This is Ralph. How tall is Ralph?
It seems simple, you could just hold a ruler up to the screen. But when you look at the ruler and use it to measure Ralph, are you actually measuring Ralph, or are you measuring the ruler and using that as a proxy? How accurate is your measurement? Are you including fur in the measurement? What if Ralph were to stand on his hind legs, like a mighty bear — how tall would he be then?
This is a problem with measurement science. You can often only measure a proxy of what you want to measure. We see this all the time e.g. with citation metrics being used as proxies for quality — stuff like that.
Proxies for misconduct
Plagiarism is no exception. A student recently asked me “what percentage of plagiarism is ok?”. There was clearly some confusion. Plagiarism isn’t ok. It’s like asking “what percentage of crime is ok?” or “how many Brussels sprouts would you like?”. The answer is zero. I think that confusion stems from the fact that we use copying of text to measure plagiarism. So people think that copying text is plagiarism. But it isn’t, it’s a proxy.

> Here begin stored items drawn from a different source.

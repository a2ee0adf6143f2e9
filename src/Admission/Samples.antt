-- ===== src/Admission/Samples.antt =====
-- A workflow whose second step reads the first.
use ottoflow.Prelude.{true, none, [], ◌∷◌, ◌≡◌, refl, if◌then◌else◌, contains, arith}
use ottoflow.Dag.Samples.{
  same_order, same_order-RangeOk, two_steps, two_workflow, two_dag, two_dag-built,
}
use ottoflow.Executor.{statuses, run_steps}
use ottoflow.Executor.Order.{completed}
use ottoflow.Executor.Samples.{quiet, quiet-RangesOk, halfway, halfway-IsOrdered, report-left}
use ottoflow.Admission.{
  Scanner, check_step_refs, check_variable_refs, check_texts, check_inner, check_steps,
  check_inner_steps, inner_step, validate_step_dependencies,
}
use ottoflow.Admission.Texts.{collect_cel_strings_from_step}
use ottoflow.Admission.Explicit.{is_text_of, IsUnion, validate_step_dependencies-run_steps}

abbrev scanner : Scanner
scanner = record {
  reader = record { unmarshal = λ s. none; has_marks = λ s. true; parses = λ s. true };
  step_refs = λ texts. if contains "steps.fetch.total" texts then "fetch" ∷ [] else [];
  variable_refs = λ texts. [];
}

two_workflow-admitted : validate_step_dependencies scanner two_workflow ≡ none
unfolding validate_step_dependencies check_steps check_inner_steps check_texts check_inner
    check_step_refs check_variable_refs inner_step collect_cel_strings_from_step
two_workflow-admitted = refl

scanner-IsUnion : IsUnion scanner
scanner-IsUnion a [] = refl
scanner-IsUnion a (t ∷ ts) = ground (arith, scanner-IsUnion a ts)

report-text : is_text_of scanner.reader two_steps "report" "steps.fetch.total" ≡ true
unfolding inner_step
report-text = refl

validate_step_dependencies-run_steps_example :
    completed two_steps (statuses (run_steps quiet two_workflow two_dag halfway).1) "fetch" ≡ true
validate_step_dependencies-run_steps_example =
    validate_step_dependencies-run_steps quiet quiet-RangesOk same_order same_order-RangeOk
      two_workflow two_dag scanner halfway "fetch" "report" "steps.fetch.total" scanner-IsUnion
      two_dag-built two_workflow-admitted halfway-IsOrdered report-text refl refl refl refl
      report-left
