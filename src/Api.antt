-- ===== src/Api.antt =====
-- The API types of api/v1alpha1 that the components read: workflows and their steps, runs and
-- their status, and JSON values.
pub mod Json
pub mod Step
pub mod Run
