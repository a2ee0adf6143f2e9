-- ===== src/Audit.antt =====
-- The audit snapshot of a run: its redaction (internal/workflow/executor/audit_redaction.go), and
-- its size (internal/workflow/executor/checkpoint.go). A context is a document as encoding/json
-- writes it; a map is iterated in the order of its fields.
pub mod Redaction
pub mod Paths
pub mod Secrecy
pub mod Outputs
pub mod Truncate
pub mod Kept
pub mod Size
pub mod Bounds
mod Samples
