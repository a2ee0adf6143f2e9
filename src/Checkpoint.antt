-- ===== src/Checkpoint.antt =====
-- Checkpoints of a run (internal/workflow/executor/checkpoint.go, and the functions of executor.go
-- that save and load them). A ConfigMap has the one key that the code writes. encoding/json is an
-- argument. An update carries the resource version that was read, so one that is granted has read
-- what it replaces: a call of the retried closure is one event on the stored ConfigMap.
pub mod Names
pub mod Progress
mod Samples
use ottoflow.Prelude.{
  ℕ, zero, suc, ◌≤◌, String, Bool, true, false, not, Option, none, some, List, [], ◌∷◌, ◌++◌, ◌≡◌,
  ◌==◌, ◌&&◌, if◌then◌else◌, leb,
}
use ottoflow.Api.Json.{Fields}
use ottoflow.Api.Run.{StepPhase, StepStatus}

-- CheckpointSnapshot
pub record Snapshot : Type 0 where
  pub version : ℕ
  pub workflow_run_uid : String
  pub last_completed_step : String
  pub step_statuses : List (String × StepStatus)
  pub context : Fields
  pub completion_order : List String

abbrev pub is_terminal_phase : StepPhase → Bool
is_terminal_phase StepPhase.succeeded = true
is_terminal_phase StepPhase.failed = true
is_terminal_phase StepPhase.skipped = true
is_terminal_phase _ = false

-- terminalStepCount
unfoldable pub terminal_step_count : List (String × StepStatus) → ℕ
terminal_step_count [] = 0
terminal_step_count ((name, s) ∷ ss) =
    let rest : ℕ = terminal_step_count ss in if is_terminal_phase s.phase then suc rest else rest

pub record Codec : Type 0 where
  pub encode : Snapshot → Option String
  pub decode : String → Option Snapshot

-- The ConfigMap of a run's checkpoint: its key `checkpoint`, where it has one.
pub record ConfigMap : Type 0 where
  pub checkpoint : Option String

pub data Answer : Type 0 where
  granted conflict refused : Answer

-- CheckpointManager
pub record Manager : Type 0 where
  pub codec : Codec
  pub run_uid : String
  pub enabled : Bool

abbrev pub decoded : Codec → Option String → Option Snapshot
decoded c none = c.decode ""
decoded c (some raw) = c.decode raw

-- The guard of the closure: what is stored is of the same run, and no less advanced.
unfoldable pub is_covered : Manager → Snapshot → Snapshot → Bool
is_covered m s old =
    old.workflow_run_uid == m.run_uid
    && leb (terminal_step_count s.step_statuses) (terminal_step_count old.step_statuses)

-- What the closure writes over a snapshot, if any.
abbrev pub overwrite : Manager → Snapshot → String → Option Snapshot → Option ConfigMap
overwrite m s raw none = some (record { checkpoint = some raw })
overwrite m s raw (some old) =
    if is_covered m s old then none else some (record { checkpoint = some raw })

-- The ConfigMap that a call of the closure writes in place of the one that it has read, if any.
unfoldable pub replacement : Manager → Snapshot → String → Option ConfigMap → Option ConfigMap
replacement m s raw none = some (record { checkpoint = some raw })
replacement m s raw (some cm) = overwrite m s raw (decoded m.codec cm.checkpoint)

abbrev pub or_stored : Option ConfigMap → Option ConfigMap → Option ConfigMap
or_stored none stored = stored
or_stored (some cm) stored = some cm

-- SaveAsync, where the API server grants the write of the closure's call.
abbrev pub save_text : Manager → Snapshot → Option String → Option ConfigMap → Option ConfigMap
save_text m s none stored = stored
save_text m s (some raw) stored = or_stored (replacement m s raw stored) stored

unfoldable pub save : Manager → Snapshot → Option ConfigMap → Option ConfigMap
unfolding replacement
save m s stored = if m.enabled then save_text m s (m.codec.encode s) stored else stored

-- A call of a closure, by what it saves and how it is answered.
pub record Call : Type 0 where
  pub snapshot : Snapshot
  pub answer : Answer

abbrev pub served {ℓ} : {A : Type ℓ} → Answer → A → A → A
served granted new old = new
served conflict new old = old
served refused new old = old

unfoldable pub step : Manager → Call → Option ConfigMap → Option ConfigMap
step m e stored = served e.answer (save m e.snapshot stored) stored

-- The calls of all closures, in the order in which the API server serves them.
unfoldable pub saves : Manager → List Call → Option ConfigMap → Option ConfigMap
unfolding step
saves m [] stored = stored
saves m (e ∷ es) stored = saves m es (step m e stored)

pub data Loaded : Type 0 where
  unreadable malformed absent : Loaded
  found : Snapshot → Loaded

abbrev pub load_decoded : Manager → Option Snapshot → Loaded
load_decoded m none = malformed
load_decoded m (some s) = if s.workflow_run_uid == m.run_uid then found s else absent

abbrev pub load_text : Manager → Option String → Loaded
load_text m none = absent
load_text m (some raw) = if raw == "" then absent else load_decoded m (m.codec.decode raw)

abbrev pub text_of : Option ConfigMap → Option String
text_of none = none
text_of (some cm) = cm.checkpoint

-- Load, where the API server answers
unfoldable pub load : Manager → Option ConfigMap → Loaded
load m stored = if m.enabled then load_text m (text_of stored) else absent
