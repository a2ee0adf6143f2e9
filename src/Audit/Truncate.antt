-- ===== src/Audit/Truncate.antt =====
-- The view of a context with its arrays cut short (internal/workflow/executor/checkpoint.go:
-- truncateArraysRecursive). What the recursion appends to the keys is a function of its own.
use ottoflow.Prelude.{ℕ, zero, suc, String, true, List, [], ◌∷◌, ◌++◌, ◌==◌, if◌then◌else◌, leb}
use Prim.Native.String.{◌++◌ as append}
use ottoflow.Api.Json.{Json, null, bool, num, str, arr, obj, Items, nil, cons, Fields, end, field}

abbrev pub max_array_entries : ℕ
max_array_entries = 50

abbrev pub count : Items → ℕ
count nil = 0
count (cons v xs) = suc (count xs)

abbrev pub first : ℕ → Items → Items
first zero xs = nil
first (suc n) nil = nil
first (suc n) (cons v xs) = cons v (first n xs)

abbrev pub child_path : String → String → String
child_path path k = if path == "" then k else append path (append "." k)

-- The map in place of a long array, by its length as encoding/json writes it.
abbrev pub cut_array : String → Items → Fields
cut_array original_count kept = field "truncated" (bool true) (
    field "originalCount" (num original_count)
      (field "keptCount" (num "50") (field "items" (arr kept) end)))

unfoldable mutual
  -- truncateArraysRecursive: the value
  pub truncate_arrays : (ℕ → String) → Json → Json
  truncate_arrays decimal (obj fs) = obj (truncate_fields decimal fs)
  truncate_arrays decimal (arr xs) =
      let kept : Items = truncate_items decimal xs in
      if leb (count xs) max_array_entries
      then arr kept
      else obj (cut_array (decimal (count xs)) (first max_array_entries kept))
  truncate_arrays decimal null = null
  truncate_arrays decimal (bool b) = bool b
  truncate_arrays decimal (num n) = num n
  truncate_arrays decimal (str s) = str s

  pub truncate_fields : (ℕ → String) → Fields → Fields
  truncate_fields decimal end = end
  truncate_fields decimal (field k v fs) =
      field k (truncate_arrays decimal v) (truncate_fields decimal fs)

  pub truncate_items : (ℕ → String) → Items → Items
  truncate_items decimal nil = nil
  truncate_items decimal (cons v xs) = cons (truncate_arrays decimal v) (truncate_items decimal xs)

unfoldable mutual
  -- truncateArraysRecursive: the keys
  pub truncated_keys : String → Json → List String
  truncated_keys path (obj fs) = truncated_field_keys path fs
  truncated_keys path (arr xs) =
      if leb (count xs) max_array_entries
      then truncated_item_keys path max_array_entries xs
      else path ∷ truncated_item_keys path max_array_entries xs
  truncated_keys path null = []
  truncated_keys path (bool b) = []
  truncated_keys path (num n) = []
  truncated_keys path (str s) = []

  pub truncated_field_keys : String → Fields → List String
  truncated_field_keys path end = []
  truncated_field_keys path (field k v fs) =
      truncated_keys (child_path path k) v ++ truncated_field_keys path fs

  -- The keys of the first elements
  pub truncated_item_keys : String → ℕ → Items → List String
  truncated_item_keys path n nil = []
  truncated_item_keys path zero (cons v xs) = []
  truncated_item_keys path (suc n) (cons v xs) =
      truncated_keys path v ++ truncated_item_keys path n xs
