-- ===== src/Harness/Executor.antt =====
-- The interface `WorkspaceExecutor` of src/harness/executor.ts, as far as the loop and its tools
-- call it, and the abort signal. `W` is the state of all that is outside: the workspace, its
-- processes, the model behind the agent, the signal.
use loomctl.Base.{ℕ, ◌≡◌, refl, ◌⊎◌, inl, inr, Bool, String, Option, none, some}

-- An `Error`: its message, whether its name is "AbortError", and the fields `kind` and `details`,
-- of which the latter stays unread.
pub record Failure : Type 0 where
  pub message : String
  pub is_abort : Bool
  pub kind : Option String
  pub details : Option String

abbrev pub plain : String → Failure
plain message = record { message = message; is_abort = Bool.false; kind = none; details = none }

-- What an awaited promise leaves: a value or a thrown error, and the world after it.
pub data Attempt (A W : Type 0) : Type 0 where
  done : A → W → Attempt A W
  threw : Failure → W → Attempt A W

abbrev pub Io : Type 0 → Type 0 → Type 0
Io W A = W → Attempt A W

pub Attempt-cases :
    {A W : Type 0} (r : Attempt A W)
    → ((x : A × W) × (r ≡ done x.0 x.1)) ⊎ ((x : Failure × W) × (r ≡ threw x.0 x.1))
Attempt-cases (done a w) = inl ((a, w), refl)
Attempt-cases (threw e w) = inr ((e, w), refl)

infixl 5 ◌>>=◌ ◌>>◌
abbrev pub ◌>>=◌ : {W A B : Type 0} → Io W A → (A → Io W B) → Io W B
◌>>=◌ m f w = elim (m w) [ done a w' ↦ f a w' | threw e w' ↦ threw e w' ]

abbrev pub ◌>>◌ : {W B : Type 0} → Io W (Unit {0}) → Io W B → Io W B
m >> k = m >>= λ _. k

abbrev pub return : {W A : Type 0} → A → Io W A
return a w = done a w

abbrev pub throw : {W A : Type 0} → Failure → Io W A
throw e w = threw e w

pub record CommandResult : Type 0 where
  pub stdout : String
  pub stderr : String
  pub exit_code : ℕ

-- The timeout, the signal and the environment of the commands of one run are the same throughout.
pub record WorkspaceExecutor (W : Type 0) : Type 0 where
  pub run_command : String → Io W CommandResult
  pub read_file : String → ℕ → Io W String
  pub write_file : String → String → Io W (Unit {0})
  pub prepare : Option (Io W (Unit {0}))
  pub describe_path : Option (String → String)
  -- `signal?.aborted`, with the error that the signal's reason makes.
  pub aborted : W → Option Failure

module _ {W : Type 0} (executor : WorkspaceExecutor W) where
  -- `throwIfAborted`
  unfoldable pub throw_if_aborted : Io W (Unit {0})
  throw_if_aborted w = elim (executor.aborted w) [ none ↦ done tt w | some e ↦ threw e w ]
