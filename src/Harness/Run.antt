-- ===== src/Harness/Run.antt =====
-- src/harness/loop.ts: the state of `runHarness` while it runs, the events that it appends, and the
-- summary that it returns. Token counts are whole numbers and costs are left out; no one else appends
-- to the run's events meanwhile, so that `events` and the event file hold the same.
use loomctl.Base.{
  ℕ, suc, ◌+◌, Bool, true, false, ◌&&◌, String, Option, none, some, List, [], ◌∷◌, ◌++◌, eqb,
  if◌then◌else◌, length, find,
}
use loomctl.Harness.Events.{ToolAction, ToolObservation, VerificationResult, HarnessStatus}
use loomctl.Harness.Executor.{Attempt, done, threw, Io}

-- `RunRequester` without `modelKeyEnv`, and `RunRequesterSummary`.
pub record Requester : Type 0 where
  pub actor : Option String
  pub role : Option String
  pub client_id : Option String

pub record PauseRequest : Type 0 where
  pub reason : Option String
  pub requester : Requester
  pub event_seq : Option ℕ

-- The values of `currentPhase`.
pub data Phase : Type 0 where
  workspace_prepare agent_next paused tool_action tool_observation verification evaluation reviewer
        max_iterations :
      Phase

-- `RunErrorSummary`
pub record RunError : Type 0 where
  pub message : String
  pub phase : Option Phase
  pub iteration : Option ℕ
  pub kind : Option String
  pub details : Option String

pub record ModelUsage : Type 0 where
  pub prompt_tokens : Option ℕ
  pub completion_tokens : Option ℕ
  pub total_tokens : Option ℕ

-- What an agent may append while it thinks.
pub data Emitted : Type 0 where
  agent_retry : String → Emitted
  model_usage : ModelUsage → Emitted

-- The types of event that the loop appends, each with its data.
pub data Event : Type 0 where
  user_message : String → Requester → Event
  run_metadata : String → Event
  run_policy : List String → Event
  resume : Requester → Event
  prepare_started prepare_passed : Event
  emitted : Emitted → Event
  assistant_message : String → Option String → ℕ → ℕ → Bool → Event
  action : ToolAction → Event
  observation : ToolObservation → Event
  verified evaluated reviewed : VerificationResult → Event
  review_gate deployment_gate : Event
  pause : PauseRequest → Event
  cancel : String → Option Phase → Option ℕ → Event
  error : RunError → Event
  finish : HarnessStatus → Event

-- The variables of `runHarness`, and the world outside it.
pub record Run (W : Type 0) : Type 0 where
  pub world : W
  pub log : List Event
  pub verification : Option VerificationResult
  pub evaluation : Option VerificationResult
  pub reviewer : Option VerificationResult
  pub phase : Option Phase
  pub iteration : Option ℕ

-- `RunModelUsageSummary`
pub record UsageSummary : Type 0 where
  pub request_count : ℕ
  pub usage : ModelUsage

-- `RunSummary`: `review` and `deployment` are whether the gate is there, pending.
pub record Summary : Type 0 where
  pub status : HarnessStatus
  pub review : Bool
  pub deployment : Bool
  pub event_count : ℕ
  pub verification : Option VerificationResult
  pub evaluation : Option VerificationResult
  pub reviewer : Option VerificationResult
  pub requester : Option Requester
  pub model_usage : Option UsageSummary
  pub error : Option RunError

unfoldable pub is_user_message : Event → Bool
is_user_message (user_message content requester) = true
is_user_message _ = false

unfoldable pub is_assistant_message : Event → Bool
is_assistant_message (assistant_message content plan n count finishes) = true
is_assistant_message _ = false

-- `assistantMessageCount`
unfoldable pub assistant_message_count : List Event → ℕ
assistant_message_count [] = 0
assistant_message_count (e ∷ es) =
    if is_assistant_message e then suc (assistant_message_count es) else assistant_message_count es

unfoldable pub is_absent : Option String → Bool
is_absent none = true
is_absent (some text) = false

unfoldable pub requester_of : Option Event → Option Requester
requester_of (some (user_message content r)) =
    if is_absent r.actor && is_absent r.role && is_absent r.client_id then none else some r
requester_of _ = none

unfoldable pub requester_summary : List Event → Option Requester
requester_summary events = requester_of (find is_user_message events)

-- `addOptionalNumber`
unfoldable pub add_optional_number : Option ℕ → Option ℕ → Option ℕ
add_optional_number total none = total
add_optional_number none (some value) = some value
add_optional_number (some total) (some value) = some (total + value)

unfoldable pub add_usage : UsageSummary → Event → UsageSummary
add_usage s (emitted (model_usage u)) = record {
  request_count = suc s.request_count;
  usage = record {
    prompt_tokens = add_optional_number s.usage.prompt_tokens u.prompt_tokens;
    completion_tokens = add_optional_number s.usage.completion_tokens u.completion_tokens;
    total_tokens = add_optional_number s.usage.total_tokens u.total_tokens;
  };
}
add_usage s _ = s

unfoldable pub usage_loop : UsageSummary → List Event → UsageSummary
usage_loop s [] = s
usage_loop s (e ∷ es) = usage_loop (add_usage s e) es

abbrev pub no_usage : UsageSummary
no_usage = record {
  request_count = 0;
  usage = record { prompt_tokens = none; completion_tokens = none; total_tokens = none };
}

-- `modelUsageSummaryFromEvents`
unfoldable pub usage_summary : List Event → Option UsageSummary
usage_summary events =
    let s = usage_loop no_usage events in if eqb s.request_count 0 then none else some s

module _ {W : Type 0} where
  -- `events.push(await store.append(…))`
  abbrev pub append : Event → Io (Run W) (Unit {0})
  append e s = done tt (record s { log = s.log ++ (e ∷ []) })

  abbrev pub enter : Phase → Io (Run W) (Unit {0})
  enter p s = done tt (record s { phase = some p })

  abbrev pub at_iteration : Option ℕ → Io (Run W) (Unit {0})
  at_iteration n s = done tt (record s { iteration = n })

  -- A call that touches nothing of the run but the world.
  abbrev outcome : {A : Type 0} → Run W → Attempt A W → Attempt A (Run W)
  outcome s (done a w) = done a (record s { world = w })
  outcome s (threw e w) = threw e (record s { world = w })

  unfoldable pub outside : {A : Type 0} → Io W A → Io (Run W) A
  outside m s = outcome s (m s.world)

  -- `writeAndReturnSummary`, for a summary with these parts.
  unfoldable pub summarize : HarnessStatus → Bool → Bool → Option RunError → Run W → Summary
  summarize status review deployment e s = record {
    status = status;
    review = review;
    deployment = deployment;
    event_count = length s.log;
    verification = s.verification;
    evaluation = s.evaluation;
    reviewer = s.reviewer;
    requester = requester_summary s.log;
    model_usage = usage_summary s.log;
    error = e;
  }

  -- The last event, and the summary.
  unfoldable pub close : HarnessStatus → Bool → Bool → Option RunError → Io (Run W) Summary
  close status review deployment e s =
      let s' = record s { log = s.log ++ (finish status ∷ []) } in
      done (summarize status review deployment e s') s'
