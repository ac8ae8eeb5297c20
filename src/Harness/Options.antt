-- ===== src/Harness/Options.antt =====
-- src/harness/loop.ts: `RunHarnessOptions`, and what the agent answers.
use loomctl.Base.{ℕ, Bool, String, Option, none, some, List}
use loomctl.Harness.Events.{ToolInput}
use loomctl.Harness.Executor.{Attempt, Io}
use loomctl.Harness.Run.{Requester, PauseRequest, Emitted, Event}

-- An action as the agent gives it: it may lack an id.
pub record ProposedAction : Type 0 where
  pub id : Option String
  pub tool_name : String
  pub input : ToolInput

pub record AgentStep : Type 0 where
  pub message : String
  pub plan : Option String
  pub actions : List ProposedAction
  pub finish : Bool

-- What the loop is given. The agent's answer comes with the events that it emitted before it; `metadata`
-- stays unread; `next_id` makes the id of an action that has none, and `scrub` is `scrubSecretText`.
pub record RunHarnessOptions (W : Type 0) : Type 0 where
  pub goal : String
  pub verify_commands : List String
  pub evaluation_commands : List String
  pub reviewer_commands : List String
  pub agent : List Event → W → List Emitted × Attempt AgentStep W
  pub metadata : Option String
  pub review_required : Bool
  pub deployment_required : Bool
  pub max_iterations : Option ℕ
  pub allowed_tools : Option (List String)
  pub requester : Option Requester
  pub resume_requester : Option Requester
  -- none without `resume`, and otherwise the events so far.
  pub resume : Option (List Event)
  pub should_pause : List Event → Io W (Option PauseRequest)
  pub next_id : W → String × W
  pub scrub : String → String

abbrev pub anonymous : Requester
anonymous = record { actor = none; role = none; client_id = none }

abbrev pub or_else : {A : Type 0} → Option A → A → A
or_else none d = d
or_else (some a) d = a
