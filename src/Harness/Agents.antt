-- ===== src/Harness/Agents.antt =====
-- src/harness/agents.ts: the agents that play a script. Their steps count as normalised. An agent has
-- the index of its next step as its state, and gives what it answers with the index after it.
use loomctl.Base.{ℕ, suc, ◌-◌, true, Option, none, some, List, [], ◌∷◌, min, max, length, drop}
use loomctl.Harness.Options.{AgentStep}
use loomctl.Harness.Run.{Event, assistant_message_count}

abbrev head : List AgentStep → Option AgentStep
head [] = none
head (s ∷ steps) = some s

-- `steps[index]`
abbrev pub step_at : ℕ → List AgentStep → Option AgentStep
step_at i steps = head (drop i steps)

abbrev pub exhausted : AgentStep
exhausted = record { message = "script exhausted"; plan = none; actions = []; finish = true }

-- `createScriptedAgentFromSteps`: the steps that the log has seen already are skipped.
unfoldable pub scripted_next : List AgentStep → ℕ → List Event → ℕ → AgentStep × ℕ
scripted_next steps offset events index =
    let emitted = assistant_message_count events - offset in
    let i = max index (min emitted (length steps)) in
    (elim (step_at i steps) [ none ↦ exhausted | some s ↦ s ], suc i)

-- `createAgentWithSetupSteps`; nothing where the other agent is asked.
unfoldable pub setup_next : List AgentStep → List Event → ℕ → Option AgentStep × ℕ
setup_next steps events index =
    let i = max index (min (assistant_message_count events) (length steps)) in
    (step_at i steps, suc i)
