-- ===== src/Harness/GitCommit.antt =====
-- src/harness/git-commit.ts and src/harness/git-diff.ts: the git commands of the tools.
use Prim.Native.String.{◌++◌}
use Prim.Native.Char.{code}
use loomctl.Base.{
  ℕ, Bool, true, false, String, Option, none, some, [], ◌∷◌, eqb, not, if◌then◌else◌,
}
use loomctl.Base.Texts.{trim, split, is_space, join, nonempty}
use loomctl.Harness.Executor.{Io, ◌>>=◌, return, CommandResult, WorkspaceExecutor}

abbrev pub workspace_git_diff_stat_command : String
workspace_git_diff_stat_command = "git diff --stat -- . ':(exclude).loom'"

abbrev pub workspace_git_diff_patch_command : String
workspace_git_diff_patch_command = "git diff -- . ':(exclude).loom'"

pub record WorkspaceGitCommitResult : Type 0 where
  pub command : String
  pub stdout : String
  pub stderr : String
  pub exit_code : ℕ
  pub commit : Option String
  pub no_changes : Bool

escape_quotes : String → String
escape_quotes String.[] = String.[]
escape_quotes (String.◌∷◌ c s) =
    let rest = escape_quotes s in if eqb (code c) 39 then "'\\''" ++ rest else String.◌∷◌ c rest

unfoldable pub shell_quote : String → String
unfolding escape_quotes
shell_quote value = "'" ++ (escape_quotes value ++ "'")

abbrev pub git_add_workspace_command : String
git_add_workspace_command = "git add -A -- . ':(exclude).loom'"

abbrev pub git_diff_cached_workspace_command : String
git_diff_cached_workspace_command = "git diff --cached --quiet -- . ':(exclude).loom'"

abbrev pub git_unstage_loom_command : String
git_unstage_loom_command = "(git reset -q -- .loom 2>/dev/null || true)"

unfoldable pub git_commit_workspace_command : String → String
git_commit_workspace_command message =
    "git commit --only -m " ++ (shell_quote message ++ " -- . ':(exclude).loom'")

unfoldable pub workspace_git_commit_command : String → String
workspace_git_commit_command message =
    git_add_workspace_command
    ++ (" && " ++ (git_unstage_loom_command ++ (" && " ++ git_commit_workspace_command message)))

abbrev pub command_result : String → CommandResult → WorkspaceGitCommitResult
command_result command r = record {
  command = command;
  stdout = r.stdout;
  stderr = r.stderr;
  exit_code = r.exit_code;
  commit = none;
  no_changes = false;
}

-- `value.trim().split(/\s+/)[0]`, none where it is empty.
unfoldable pub first_token : String → Option String
first_token value = elim (nonempty (split is_space (trim value))) [ [] ↦ none | t ∷ ts ↦ some t ]

abbrev no_changes_result : String → WorkspaceGitCommitResult
no_changes_result command = record {
  command = command;
  stdout = "no workspace changes to commit\n";
  stderr = "";
  exit_code = 1;
  commit = none;
  no_changes = true;
}

abbrev committed : String → CommandResult → CommandResult → WorkspaceGitCommitResult
committed command commit head = record {
  command = command;
  stdout = commit.stdout;
  stderr = join "\n" (nonempty (commit.stderr ∷ head.stderr ∷ []));
  exit_code = head.exit_code;
  commit = if eqb head.exit_code 0 then first_token head.stdout else none;
  no_changes = false;
}

module _ {W : Type 0} (executor : WorkspaceExecutor W) where
  -- The commit itself, once something is staged.
  commit_staged : String → Io W WorkspaceGitCommitResult
  commit_staged message = do
    let command = workspace_git_commit_command message
    commit ← executor.run_command (git_commit_workspace_command message)
    if not (eqb commit.exit_code 0) then return (command_result command commit) else do
      head ← executor.run_command "git rev-parse --short HEAD"
      return (committed command commit head)

  commit_if_staged : String → CommandResult → Io W WorkspaceGitCommitResult
  commit_if_staged message staged =
      let command = workspace_git_commit_command message in
      if eqb staged.exit_code 0
      then return (no_changes_result command)
      else if not (eqb staged.exit_code 1)
      then return (command_result command staged)
      else commit_staged message

  unfoldable pub create_workspace_git_commit : String → Io W WorkspaceGitCommitResult
  unfolding commit_staged commit_if_staged
  create_workspace_git_commit message = do
    let command = workspace_git_commit_command message
    add ← executor.run_command git_add_workspace_command
    if not (eqb add.exit_code 0) then return (command_result command add) else do
      unstage ← executor.run_command git_unstage_loom_command
      if not (eqb unstage.exit_code 0) then return (command_result command unstage) else do
        staged ← executor.run_command git_diff_cached_workspace_command
        commit_if_staged message staged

When dealing with re-use of text, there are 3 issues that journal editors are concerned with:
- Copyright infringement. This is a legal matter. For any piece of written work, there is a rights-holder. That might be the original author, their employer or a publisher. If someone copies text without permission of the rights-holder, that is copyright infringement and it’s illegal. Copying text is a great proxy for Copyright infringement because it’s very easy to find and prove, but it is still not exactly the same thing.
- Plagiarism. This is an ethical matter. Plagiarism, put simply, is theft of ideas. Or, it’s presenting someone else’s ideas as if they are your own. This is a far more thorny concept and its much harder to prove directly. What if 2 people just happened to have same idea by pure coincidence? Then there are cases where it’s accepted practice to use other people’s ideas. E.g. it’s ok to copy StackOverflow solutions because that’s what they are for. But it isn’t ok to copy other people’s scientific work without attribution. And that’s the key point: to avoid plagiarising, always cite your sources.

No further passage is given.